Move some properties into resources #2

Open johanneskoester opened 6 years ago

johanneskoester commented 6 years ago

Some of the properties (like wallclock time or memory) would rather belong into the resources directive.

Some are redundant and encourage people to put stuff in the wrong place. E.g., I would not consider threads that are set within params instead of via the threads directive. Otherwise such a workflow would be not portable to different profiles or simply plain local execution anymore.

The workdir handling is also very custom and not portable.

ghost commented 6 years ago

I've moved all the various scheduler specific properties into the resources directive and got rid of the workdir for the moment. The only issue here is that resources only allow integers. This forces the user to set the walltime in seconds rather than using a string in the HH:MM:SS format. The second, and more annoying, issue is the memory can now only be allocated in bytes. I would prefer to set the memory request as a string using '1mb' or '1gb' etc.

Is there a particular reason why strings are not valid in the resources directive?

johanneskoester commented 6 years ago

It is advisable to annotate resources with the unit, e.g. mem_mb (see docs). The reason to be restricted to integers is that resources can be used to additionally constrain the snakemake scheduler, e.g. on a compute server. This way, you can give a maximum amount of a memory, and the scheduler ensures that the sum of mem_mb of all jobs does never exceed it.

There is no established standard yet, but I would propose the following resources to be considered:

johanneskoester commented 6 years ago

Thinking about it, it might be indeed a good idea to additionally support strings, and parse them with the humanfriendly python module. This way, we could easily achieve what you have in mind for sizes and times.

johanneskoester commented 6 years ago

Then, we could allow things like mem="5GB", and walltime="5h". A profile like this one would simply assume that they are given as bytes and seconds, respecively. And Snakemake would internally try to convert a string to size or timespan using the humanfriendly module. If that fails, it would return an error.

fpbarthel commented 6 years ago

Hi, I came across this searching for a feature to set walltime in the resources directive (and to be able to modulate it depending on the attempt number), along with queu, mem and threads. Is this feature still planned?

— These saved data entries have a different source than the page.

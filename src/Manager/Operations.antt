-- ===== src/Manager/Operations.antt =====
-- process_manager.cpp: the invariant of Process/Invariant over the whole table, in the operations.
use supervisorcpp.Prelude.{
  ℕ, List, [], ◌∷◌, some, ◌≡◌, ◌≢◌, arith, inl, inr, Bool-cases, Option-cases, Bytes, bytes_eq_refl,
}
use supervisorcpp.Process.Types.{Process, ProgramConfig, has_pid, stopping, create_process}
use supervisorcpp.Process.Life.{stop}
use supervisorcpp.Process.Invariant.{
  IsConsistent, create-IsConsistent, start-IsConsistent, stop-IsConsistent, kill-IsConsistent,
}
use supervisorcpp.Manager.Table.{Manager, Os, find}
use supervisorcpp.Manager.Loop.{has_running_processes}
use supervisorcpp.Manager.Control.{
  LogFiles, add_process, stop_live, force_kill, stop_all, start_process, stop_process,
  remove_process, is_alive, stop_wait,
}
use supervisorcpp.Manager.Sync.{
  sync_program, sync_programs, remove_stale, sync_processes, names_program, config_eq,
}
use supervisorcpp.Manager.Consistency.{
  AllConsistent, AllParent, AllConsistent-find, AllConsistent-set, AllConsistent-replace,
  AllConsistent-erase, AllConsistent-sweep, AllConsistent-reap_until,
}
use supervisorcpp.Manager.Lookup.{find-set}

force_kill-IsConsistent :
    (os : Os) (n : ℕ) (p : Process) → IsConsistent p → IsConsistent (force_kill os n p).0
unfolding force_kill
force_kill-IsConsistent os n p h = kill-IsConsistent (os.now n) p h

stop_live-IsConsistent :
    (os : Os) (n : ℕ) (p : Process) → IsConsistent p → IsConsistent (stop_live os n p).0
unfolding stop_live
stop_live-IsConsistent os n p h = elim (Bool-cases (has_pid p)) [
  | inl live ↦ rw live (stop-IsConsistent (os.kill_ok n) (os.now n) p h)
  | inr down ↦ rw down h
]

module _ (os : Os) (parent : AllParent os) where
  pub AllConsistent-stop_all :
      (m : Manager) → AllConsistent m.process_map → AllConsistent (stop_all os m).process_map
  unfolding stop_all
  AllConsistent-stop_all m g = elim (Bool-cases (has_running_processes m.process_map)) [
    | inr idle ↦ rw (idle, stop_all) g
    | inl busy ↦
        rw (busy, stop_all)
          (AllConsistent-sweep (force_kill os) _ _ (λ n p h. force_kill-IsConsistent os n p h)
            (AllConsistent-reap_until os parent _ has_running_processes _ (
              AllConsistent-sweep (stop_live os) _ _ (λ n p h. stop_live-IsConsistent os n p h) g)))
  ]

  pub AllConsistent-start_process :
      (name : Bytes) (m : Manager)
      → ((p : Process) → find name m.process_map ≡ some p → p.state ≢ stopping)
      → AllConsistent m.process_map
      → AllConsistent (start_process os name m).0.process_map
  unfolding start_process
  AllConsistent-start_process name m down g = elim (Option-cases (find name m.process_map)) [
    | inl e ↦ rw (e, start_process) g
    | inr (p, e) ↦
        rw (e, start_process)
          (AllConsistent-replace name _ m.process_map
            (start-IsConsistent (os.spawns m.asked) (os.now m.asked) p (parent m.asked) (down p e)
              (AllConsistent-find name m.process_map p g e))
            g)
  ]

  pub AllConsistent-stop_process :
      (name : Bytes) (m : Manager)
      → AllConsistent m.process_map
      → AllConsistent (stop_process os name m).0.process_map
  unfolding stop_process
  AllConsistent-stop_process name m g = elim (Option-cases (find name m.process_map)) [
    | inl e ↦ rw (e, stop_process) g
    | inr (p, e) ↦
        let r = stop (os.kill_ok m.asked) (os.now m.asked) p in
        let g' =
          AllConsistent-replace name r.0 m.process_map
            (stop-IsConsistent (os.kill_ok m.asked) (os.now m.asked) p
              (AllConsistent-find name m.process_map p g e))
            g in
        rw (e, stop_process)
          (elim (Bool-cases r.2) [
            | inl sent ↦
                rw sent (AllConsistent-reap_until os parent (stop_wait p) (is_alive name) _ g')
            | inr failed ↦ rw failed g'
          ])
  ]

  pub AllConsistent-remove_process :
      (name : Bytes) (m : Manager)
      → AllConsistent m.process_map
      → AllConsistent (remove_process os name m).0.process_map
  unfolding remove_process
  AllConsistent-remove_process name m g = elim (Option-cases (find name m.process_map)) [
    | inl e ↦ rw (e, remove_process) g
    | inr (p, e) ↦
        rw (e, remove_process)
          (elim (Bool-cases (has_pid p)) [
            | inl live ↦ rw live (AllConsistent-erase name _ (AllConsistent-stop_process name m g))
            | inr down ↦ rw down (AllConsistent-erase name _ g)
          ])
  ]

  AllConsistent-add_process :
      (files : LogFiles) (c : ProgramConfig) (m : Manager)
      → AllConsistent m.process_map
      → AllConsistent (add_process os files c m).process_map
  unfolding add_process
  AllConsistent-add_process files c m g =
      AllConsistent-set c.name _ m.process_map
        (create-IsConsistent files.io files.stdout_disk files.stderr_disk (os.now m.asked) c) g

  -- A process that was just added is not being stopped.
  added-not_stopping :
      (files : LogFiles) (c : ProgramConfig) (m : Manager) (p : Process)
      → find c.name (add_process os files c m).process_map ≡ some p
      → p.state ≢ stopping
  unfolding add_process create_process
  added-not_stopping files c m p e s =
      let fresh = create_process files.io files.stdout_disk files.stderr_disk (os.now m.asked) c in
      ground (arith, find-set c.name c.name fresh m.process_map, bytes_eq_refl c.name)

  AllConsistent-add_start :
      (files : LogFiles) (c : ProgramConfig) (m : Manager)
      → AllConsistent m.process_map
      → AllConsistent (start_process os c.name (add_process os files c m)).0.process_map
  AllConsistent-add_start files c m g =
      AllConsistent-start_process c.name (add_process os files c m) (added-not_stopping files c m)
        (AllConsistent-add_process files c m g)

  AllConsistent-remove_stale :
      (programs : List ProgramConfig) (names : List Bytes) (m : Manager)
      → AllConsistent m.process_map
      → AllConsistent (remove_stale os programs names m).process_map
  unfolding remove_stale
  AllConsistent-remove_stale programs [] m g = g
  AllConsistent-remove_stale programs (name ∷ r) m g =
      elim (Bool-cases (names_program name programs)) [
        | inl kept ↦ rw (kept, remove_stale) (AllConsistent-remove_stale programs r m g)
        | inr stale ↦
            rw (stale, remove_stale)
              (AllConsistent-remove_stale programs r (remove_process os name m).0
                (AllConsistent-remove_process name m g))
      ]

  AllConsistent-sync_program :
      (files : ℕ → LogFiles) (c : ProgramConfig) (m : Manager)
      → AllConsistent m.process_map
      → AllConsistent (sync_program os files c m).process_map
  unfolding sync_program
  AllConsistent-sync_program files c m g = elim (Option-cases (find c.name m.process_map)) [
    | inl e ↦ rw (e, sync_program) (AllConsistent-add_start (files m.asked) c m g)
    | inr (p, e) ↦
        rw (e, sync_program)
          (elim (Bool-cases (config_eq p.config c)) [
            | inl same ↦ rw same g
            | inr changed ↦ rw changed (
                AllConsistent-add_start _ c (remove_process os c.name m).0
                  (AllConsistent-remove_process c.name m g))
          ])
  ]

  AllConsistent-sync_programs :
      (files : ℕ → LogFiles) (programs : List ProgramConfig) (m : Manager)
      → AllConsistent m.process_map
      → AllConsistent (sync_programs os files programs m).process_map
  unfolding sync_programs
  AllConsistent-sync_programs files [] m g = g
  AllConsistent-sync_programs files (c ∷ r) m g =
      AllConsistent-sync_programs files r (sync_program os files c m)
        (AllConsistent-sync_program files c m g)

  -- A reload of a table of consistent processes keeps every process consistent, whatever children
  -- exit and however the spawns, the signals and the waits in it turn out, provided that `fork`
  -- never returns 0 in the parent.
  pub sync_processes-AllConsistent :
      (files : ℕ → LogFiles) (programs : List ProgramConfig) (m : Manager)
      → AllConsistent m.process_map
      → AllConsistent (sync_processes os files programs m).process_map
  unfolding sync_processes
  sync_processes-AllConsistent files programs m g =
      AllConsistent-sync_programs files programs _ (AllConsistent-remove_stale programs _ m g)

N.B. is there a specific reason that threads has its own directive and is not part of resources?

johanneskoester commented 6 years ago

Yes, this is stll planned. I hope to be able to work on this soon. Threads being separate is mainly for historical reasons, but also because it is the only resource that cannot be learned from previous runs. In the future, snakemake will learn the other resources from runs with previous samples, such that they just can be annotated in order to provide a prior guess.

jdblischak commented 2 years ago

it might be indeed a good idea to additionally support strings

Quick update for any that finds this Issue. Snakemake supports strings as resources as of version 5.15.0 released on 2020-04-21 (changelog)